American stage musical

Between the Lines is a musical based on the novel of the same name, written by Jodi Picoult, with music and lyrics by Elyssa Samsel and Kate Anderson, and a book by Timothy Allen McDonald. The musical follows 17-year-old Delilah as she struggles to balance fitting in at her new school and a romance with a prince who is another world away.

== Productions ==
Between the Lines had its world premiere production at Kansas City Repertory Theatre. It opened on September 15, 2017, following previews from September 8. It played a limited run to October 1, 2017. Arielle Jacobs played the lead role of Delilah.

The show was scheduled to open Off-Broadway at the Tony Kiser Theatre in May 2020. The production was delayed twice, first to 2021, and then to 2022 due to the COVID-19 pandemic. Between the Lines began previews on June 15, 2022, with an official opening on July 11. It was scheduled to play until October 2, 2022, but closed early on September 11. A cast recording was released on January 13, 2023.

== Musical numbers ==

- Act I
- "Another Chapter" – Delilah & Ensemble
- "Between the Lines" – Delilah & Oliver
- "Happily Ever After Hour" – Frump & Ensemble
- "When I'm Talking to Oliver" – Delilah & Ensemble
- "Mr Darcy and Me" – Ms.
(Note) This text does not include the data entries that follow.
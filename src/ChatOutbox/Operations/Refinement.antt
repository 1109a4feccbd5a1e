-- ===== src/ChatOutbox/Operations/Refinement.antt =====
-- The outbox as a list of messages: what its operations do to the list, and what the storage holds
-- between them and where they stop. mobile/src/shared/lib/chatOutbox.ts.
use etkin_link.Base.{
  ◌≡◌, refl, false, none, List, [], ◌∷◌, Option, ◌⊎◌, inl, inr, map, All, All-append_right,
  Bool-cases, sym,
}
use etkin_link.Int.{ℤ}
use etkin_link.Text.{Str}
use etkin_link.Effect.{attempt, ◌>>=◌}
use etkin_link.Effect.Hoare.{Hoare, Hoare-bind, Hoare-given, Hoare-weaken, Hoare-fact}
use etkin_link.ChatOutbox.Message.{OutboxMessage, Count, Device, fit_storage_limit}
use etkin_link.ChatOutbox.Message.Laws.{IsJson, IsRecent, IsStorable, fit_storage_limit-Fits}
use etkin_link.ChatOutbox.Storage.{Storage, Step, Slots, IsKeychain}
use etkin_link.ChatOutbox.Operations.{
  is_set, same_message, marked, write_all_unlocked, read_all_unlocked,
}
use etkin_link.ChatOutbox.Operations.Writing.{
  stored, Cut, untouched, complete, backed, clearing, write_all_unlocked-Hoare,
}
use etkin_link.ChatOutbox.Operations.Reading.{Holds, Kept, Recoverable, read_all_unlocked-Hoare}
use etkin_link.ChatOutbox.Operations.Queue.{Request, enqueue, Applies}

-- None of the messages is too old at any time that the clock may show.
abbrev pub StayRecent : Device → (ℤ → Type 0) → List OutboxMessage → Type 0
StayRecent device T ms = (now : ℤ) → T now → All (IsRecent device now) ms

fit-IsStorable :
    (device : Device) (now : ℤ) (ms : List OutboxMessage)
    → All (IsRecent device now) ms
    → IsStorable device now (fit_storage_limit device ms)
fit-IsStorable device now ms h =
    let fits = fit_storage_limit-Fits device ms in
    (
      fits.few,
      All-append_right (IsRecent device now) fits.dropped (fit_storage_limit device ms)
          (rw fits.suffix h),
    )

created_at-marked :
    (message : OutboxMessage) (attempt : Count) (dead : Option Str) (next : Str) (m : OutboxMessage)
    → (marked message attempt dead next m).created_at ≡ m.created_at
unfolding marked
created_at-marked message attempt dead next m =
    elim (Bool-cases (same_message message.owner_id message.client_message_id m)) [
      | inl e ↦ rw e refl
      | inr e ↦ rw e refl
    ]

-- A message that is marked keeps its date.
pub marked-IsRecent :
    (device : Device) (now : ℤ) (message : OutboxMessage) (attempt : Count) (dead : Option Str)
    (next : Str) (ms : List OutboxMessage)
    → All (IsRecent device now) ms
    → All (IsRecent device now) (map (marked message attempt dead next) ms)
marked-IsRecent device now message attempt dead next [] h = tt
marked-IsRecent device now message attempt dead next (m ∷ ms) h = (
  rw (created_at-marked message attempt dead next m) h.0,
  marked-IsRecent device now message attempt dead next ms h.1,
)

abbrev pub IsFresh : Device → (ℤ → Type 0) → Request → Type 0
IsFresh device T (enqueue message) = (now : ℤ) → T now → IsRecent device now message
IsFresh device T _ = Unit {0}

-- The storage holds what a request makes of the messages.
abbrev pub HoldsResult : Device → (ℤ → Type 0) → Request → List OutboxMessage → Slots → Type 0
HoldsResult device T r ms s =
    (new : List OutboxMessage) × Applies device T r ms new × Holds device T new s

-- Nothing was stored before the request, or it leaves no messages.
abbrev pub NothingToKeep : Device → (ℤ → Type 0) → Request → List OutboxMessage → Type 0
NothingToKeep device T r ms = (is_set (stored device ms) ≡ false) ⊎ Applies device T r ms []

-- Where a rejected call stops a request: the main entry or the backup has the messages from before, or
-- the storage holds the result, or there was nothing to keep.
abbrev pub Interrupted : Device → (ℤ → Type 0) → Request → List OutboxMessage → Slots → Type 0
Interrupted device T r ms s =
    Kept device T ms s ⊎ (HoldsResult device T r ms s ⊎ NothingToKeep device T r ms)

no_messages : (device : Device) (ms : List OutboxMessage) → stored device ms ≡ none → ms ≡ []
no_messages device [] e = refl
no_messages device (m ∷ ms) e = cc

module _ {W : Type 0} {storage : Storage W} {slots : W → Slots} {T : ℤ → Type 0}
    (keychain : IsKeychain storage slots T) (device : Device) (r : Request)
    (ms : List OutboxMessage) where
  pub write-Result :
      (new : List OutboxMessage)
      → StayRecent device T new
      → Applies device T r ms (fit_storage_limit device new)
      → Hoare slots
          (λ s. Holds device T ms s)
          (λ _ s. HoldsResult device T r ms s)
          (λ _ s. Interrupted device T r ms s)
          (write_all_unlocked storage device new)
  write-Result new recent applies = Hoare-given _ (λ s₀ h₀.
      Hoare-weaken (λ s. s.main_text ≡ stored device ms) _ _ _
        (write_all_unlocked-Hoare keychain device (stored device ms) new) (λ s h. h.text)
        (λ _ s e. result s e) (λ _ s c. cut s h₀.storable c))
    where
      result :
          (s : Slots)
          → s.main_text ≡ stored device (fit_storage_limit device new)
          → HoldsResult device T r ms s
      result s e = (
        fit_storage_limit device new,
        applies,
        record { text = e; storable = λ now t. fit-IsStorable device now new (recent now t) },
      )

      cut :
          (s : Slots)
          → ((now : ℤ) → T now → IsStorable device now ms)
          → Cut (stored device ms) (stored device (fit_storage_limit device new)) s
          → Interrupted device T r ms s
      cut s storable (untouched e) = inl (inl (record { text = e; storable = storable }))
      cut s storable (complete e) = inr (inl (result s e))
      cut s storable (backed e) = elim (Bool-cases (is_set (stored device ms))) [
        | inl was ↦ inl (inr (record { text = e was; storable = storable }))
        | inr none_was ↦ inr (inr (inl none_was))
      ]
      cut s storable (clearing e) = inr (inr (inr (rw (sym (no_messages device _ e)) applies)))

  -- A request reads the list before it writes.
  pub after_read :
      (f : List OutboxMessage → Step W (Unit {0}))
      → IsJson device
      → Hoare slots
          (λ s. Holds device T ms s)
          (λ _ s. HoldsResult device T r ms s)
          (λ _ s. Interrupted device T r ms s)
          (f ms)
      → Hoare slots
          (λ s. Recoverable device T ms s)
          (λ _ s. HoldsResult device T r ms s)
          (λ _ s. Interrupted device T r ms s)
          (read_all_unlocked storage device >>= f)
  after_read f json h =
      Hoare-bind (λ current s. (current ≡ ms) × Holds device T ms s) _ _
        (Hoare-weaken _ _ _ _ (read_all_unlocked-Hoare keychain device json ms) (λ s p. p)
          (λ _ s p. p) (λ _ s p. inl p))
        (λ current. Hoare-fact _ _ (λ e. rw e h))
Winx
- "Inner Thoughts" – Allie, Janice, Martin, Mrs. Brown & Ryan
- "Start Again Tomorrow" – Grace
- "In My Perfect World" – Delilah & Oliver
- "Crazy Chemistry" – Allie & Ensemble
- "Butterflies" – Rapskullio
- "I'm Not Through" – Grace & Delilah
- "A Whole New Story" – Delilah

- Act II
- "Best Day Ever" – Ensemble
- "In My Perfect World (reprise)" – Oliver & Delilah
- "Do It For You" – Ondine, Marina & Kyrie
- "Butterflies (reprise)" – Rapskullio
- "Something to Hold On To" – Oliver
- "Leaps and Bounds" – Grace
- "Something to Hold on To (Reprise)"- Oliver
- "Out of Character" – Frump
- "Inner Thoughts (reprise)" – Allie, Janice, Martin & Ryan
- "Allie McAndrews" – Jules, Delilah & Ensemble
- "Can't Get 'Em Out" – Jessamyne, Delilah & Ensemble
- "Between the Lines (reprise)" – Delilah & Oliver
- "Say It In Other Words" – Delilah & Ensemble

== Synopsis ==

=== Act I ===
Delilah McPhee has just moved to a new high school and is dealing with her parents' divorce and her father leaving for his second family. On top of this, she becomes a social pariah after injuring the most popular girl in her grade, Allie McAndrews. To deal with the stress and ridicule, Delilah turns to reading on her roof as a means of escape. She becomes entranced with a children's fairytale called Between the Lines, which documents the story of Prince Oliver defeating his foes to save his betrothed. Delilah thinks that he's good-looking and relatable and begins talking to him about her problems. During one of her rereads, the word HELP shows up on the page, then disappears before she can get a second look.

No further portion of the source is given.